About this exercise -> Filter the material below down to the lines with the word "pushes" and give those lines.
** Entries supplied follows **
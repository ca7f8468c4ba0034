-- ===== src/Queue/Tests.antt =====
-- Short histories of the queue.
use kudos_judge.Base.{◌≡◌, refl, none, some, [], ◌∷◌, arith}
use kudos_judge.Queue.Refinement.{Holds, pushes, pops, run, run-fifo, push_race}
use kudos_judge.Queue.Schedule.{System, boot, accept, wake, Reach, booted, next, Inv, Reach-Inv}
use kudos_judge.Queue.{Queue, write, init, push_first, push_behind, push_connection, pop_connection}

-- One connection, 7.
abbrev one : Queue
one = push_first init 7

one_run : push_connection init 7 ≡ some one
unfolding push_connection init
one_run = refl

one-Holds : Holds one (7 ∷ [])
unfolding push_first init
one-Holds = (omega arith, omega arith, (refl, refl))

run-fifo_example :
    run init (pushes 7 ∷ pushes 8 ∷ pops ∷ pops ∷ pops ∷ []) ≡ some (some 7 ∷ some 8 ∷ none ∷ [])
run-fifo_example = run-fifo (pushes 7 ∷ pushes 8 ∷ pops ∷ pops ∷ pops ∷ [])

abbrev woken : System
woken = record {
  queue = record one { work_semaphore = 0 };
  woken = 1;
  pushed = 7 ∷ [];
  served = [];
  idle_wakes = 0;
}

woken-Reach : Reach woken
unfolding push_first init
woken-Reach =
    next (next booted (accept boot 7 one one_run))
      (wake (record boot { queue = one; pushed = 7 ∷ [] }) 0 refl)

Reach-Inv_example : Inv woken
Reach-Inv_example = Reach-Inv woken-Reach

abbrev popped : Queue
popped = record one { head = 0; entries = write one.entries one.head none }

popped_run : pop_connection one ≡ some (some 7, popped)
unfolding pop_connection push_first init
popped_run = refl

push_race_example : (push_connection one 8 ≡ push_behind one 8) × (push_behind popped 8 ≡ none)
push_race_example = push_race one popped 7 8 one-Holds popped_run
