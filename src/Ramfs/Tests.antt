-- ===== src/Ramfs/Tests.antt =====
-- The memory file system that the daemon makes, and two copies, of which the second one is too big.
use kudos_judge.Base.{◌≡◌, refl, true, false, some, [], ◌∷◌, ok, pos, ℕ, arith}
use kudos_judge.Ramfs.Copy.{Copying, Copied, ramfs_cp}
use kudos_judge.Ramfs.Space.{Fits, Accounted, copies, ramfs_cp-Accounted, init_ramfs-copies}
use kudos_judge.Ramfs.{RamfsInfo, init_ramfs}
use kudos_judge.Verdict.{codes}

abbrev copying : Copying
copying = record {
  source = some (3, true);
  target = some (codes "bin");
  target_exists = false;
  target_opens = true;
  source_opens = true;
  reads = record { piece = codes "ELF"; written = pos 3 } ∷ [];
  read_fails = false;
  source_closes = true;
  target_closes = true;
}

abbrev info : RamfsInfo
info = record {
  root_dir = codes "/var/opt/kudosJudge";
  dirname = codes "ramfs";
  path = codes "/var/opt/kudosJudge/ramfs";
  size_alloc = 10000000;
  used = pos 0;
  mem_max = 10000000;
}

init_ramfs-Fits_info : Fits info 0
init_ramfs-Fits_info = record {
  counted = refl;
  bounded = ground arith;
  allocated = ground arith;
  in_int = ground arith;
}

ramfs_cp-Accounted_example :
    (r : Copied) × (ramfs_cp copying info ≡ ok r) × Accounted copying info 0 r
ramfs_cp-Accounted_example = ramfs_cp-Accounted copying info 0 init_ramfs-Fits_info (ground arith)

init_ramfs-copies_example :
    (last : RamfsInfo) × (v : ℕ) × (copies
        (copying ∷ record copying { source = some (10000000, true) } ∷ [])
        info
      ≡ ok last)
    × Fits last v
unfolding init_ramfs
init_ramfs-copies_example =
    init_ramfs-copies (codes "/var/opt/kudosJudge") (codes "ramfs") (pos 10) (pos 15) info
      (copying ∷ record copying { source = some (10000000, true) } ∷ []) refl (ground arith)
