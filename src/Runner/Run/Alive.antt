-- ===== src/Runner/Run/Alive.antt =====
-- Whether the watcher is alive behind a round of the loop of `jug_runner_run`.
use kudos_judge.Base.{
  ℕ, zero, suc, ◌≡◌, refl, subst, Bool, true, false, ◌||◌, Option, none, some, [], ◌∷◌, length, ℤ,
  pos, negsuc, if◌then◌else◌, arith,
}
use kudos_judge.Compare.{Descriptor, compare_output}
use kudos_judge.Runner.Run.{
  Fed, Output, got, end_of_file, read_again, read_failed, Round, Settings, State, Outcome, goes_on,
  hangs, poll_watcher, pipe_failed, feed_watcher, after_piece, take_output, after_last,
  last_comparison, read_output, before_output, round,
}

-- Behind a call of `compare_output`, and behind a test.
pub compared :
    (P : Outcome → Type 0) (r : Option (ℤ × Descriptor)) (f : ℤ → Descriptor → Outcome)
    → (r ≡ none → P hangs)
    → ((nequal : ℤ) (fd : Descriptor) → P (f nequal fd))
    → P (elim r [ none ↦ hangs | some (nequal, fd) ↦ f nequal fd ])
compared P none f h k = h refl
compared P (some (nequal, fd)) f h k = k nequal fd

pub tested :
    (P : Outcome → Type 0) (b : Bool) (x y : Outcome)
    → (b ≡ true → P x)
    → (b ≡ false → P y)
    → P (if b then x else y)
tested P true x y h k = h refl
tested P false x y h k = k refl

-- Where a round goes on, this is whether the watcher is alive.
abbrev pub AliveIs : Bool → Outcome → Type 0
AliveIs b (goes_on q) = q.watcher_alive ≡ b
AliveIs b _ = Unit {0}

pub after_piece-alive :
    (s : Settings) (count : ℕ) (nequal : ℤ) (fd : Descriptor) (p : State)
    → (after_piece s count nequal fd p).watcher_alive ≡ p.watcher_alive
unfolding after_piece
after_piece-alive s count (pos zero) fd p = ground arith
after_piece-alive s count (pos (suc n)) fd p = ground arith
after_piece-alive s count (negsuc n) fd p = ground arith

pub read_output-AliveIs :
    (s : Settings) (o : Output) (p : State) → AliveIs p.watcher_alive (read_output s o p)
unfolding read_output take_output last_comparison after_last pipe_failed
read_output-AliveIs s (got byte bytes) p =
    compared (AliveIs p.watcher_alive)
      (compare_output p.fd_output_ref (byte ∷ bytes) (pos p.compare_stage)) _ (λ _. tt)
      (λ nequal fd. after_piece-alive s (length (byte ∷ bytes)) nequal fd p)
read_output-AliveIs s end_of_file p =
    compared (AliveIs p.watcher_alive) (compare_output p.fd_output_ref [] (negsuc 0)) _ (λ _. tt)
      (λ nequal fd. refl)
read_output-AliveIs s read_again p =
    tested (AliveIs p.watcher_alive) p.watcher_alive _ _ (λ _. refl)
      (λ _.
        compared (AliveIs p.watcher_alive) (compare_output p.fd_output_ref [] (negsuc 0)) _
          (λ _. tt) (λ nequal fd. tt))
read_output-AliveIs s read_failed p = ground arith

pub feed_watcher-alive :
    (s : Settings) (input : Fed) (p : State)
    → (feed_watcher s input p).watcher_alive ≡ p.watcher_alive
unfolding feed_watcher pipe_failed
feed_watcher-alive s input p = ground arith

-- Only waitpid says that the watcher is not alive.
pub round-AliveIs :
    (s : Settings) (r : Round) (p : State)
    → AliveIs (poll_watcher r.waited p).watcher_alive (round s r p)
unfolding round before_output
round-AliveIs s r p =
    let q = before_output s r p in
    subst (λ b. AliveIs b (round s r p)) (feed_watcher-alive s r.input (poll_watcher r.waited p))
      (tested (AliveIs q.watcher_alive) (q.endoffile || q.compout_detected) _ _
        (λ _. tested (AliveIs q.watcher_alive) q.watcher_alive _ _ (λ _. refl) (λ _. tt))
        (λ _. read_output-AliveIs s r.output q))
** End of Entries supplied **
Response to the task ->
use kudos_judge.Queue.Refinement.{Holds, pushes, pops, run, run-fifo, push_race}
    run init (pushes 7 ∷ pushes 8 ∷ pops ∷ pops ∷ pops ∷ []) ≡ some (some 7 ∷ some 8 ∷ none ∷ [])
run-fifo_example = run-fifo (pushes 7 ∷ pushes 8 ∷ pops ∷ pops ∷ pops ∷ [])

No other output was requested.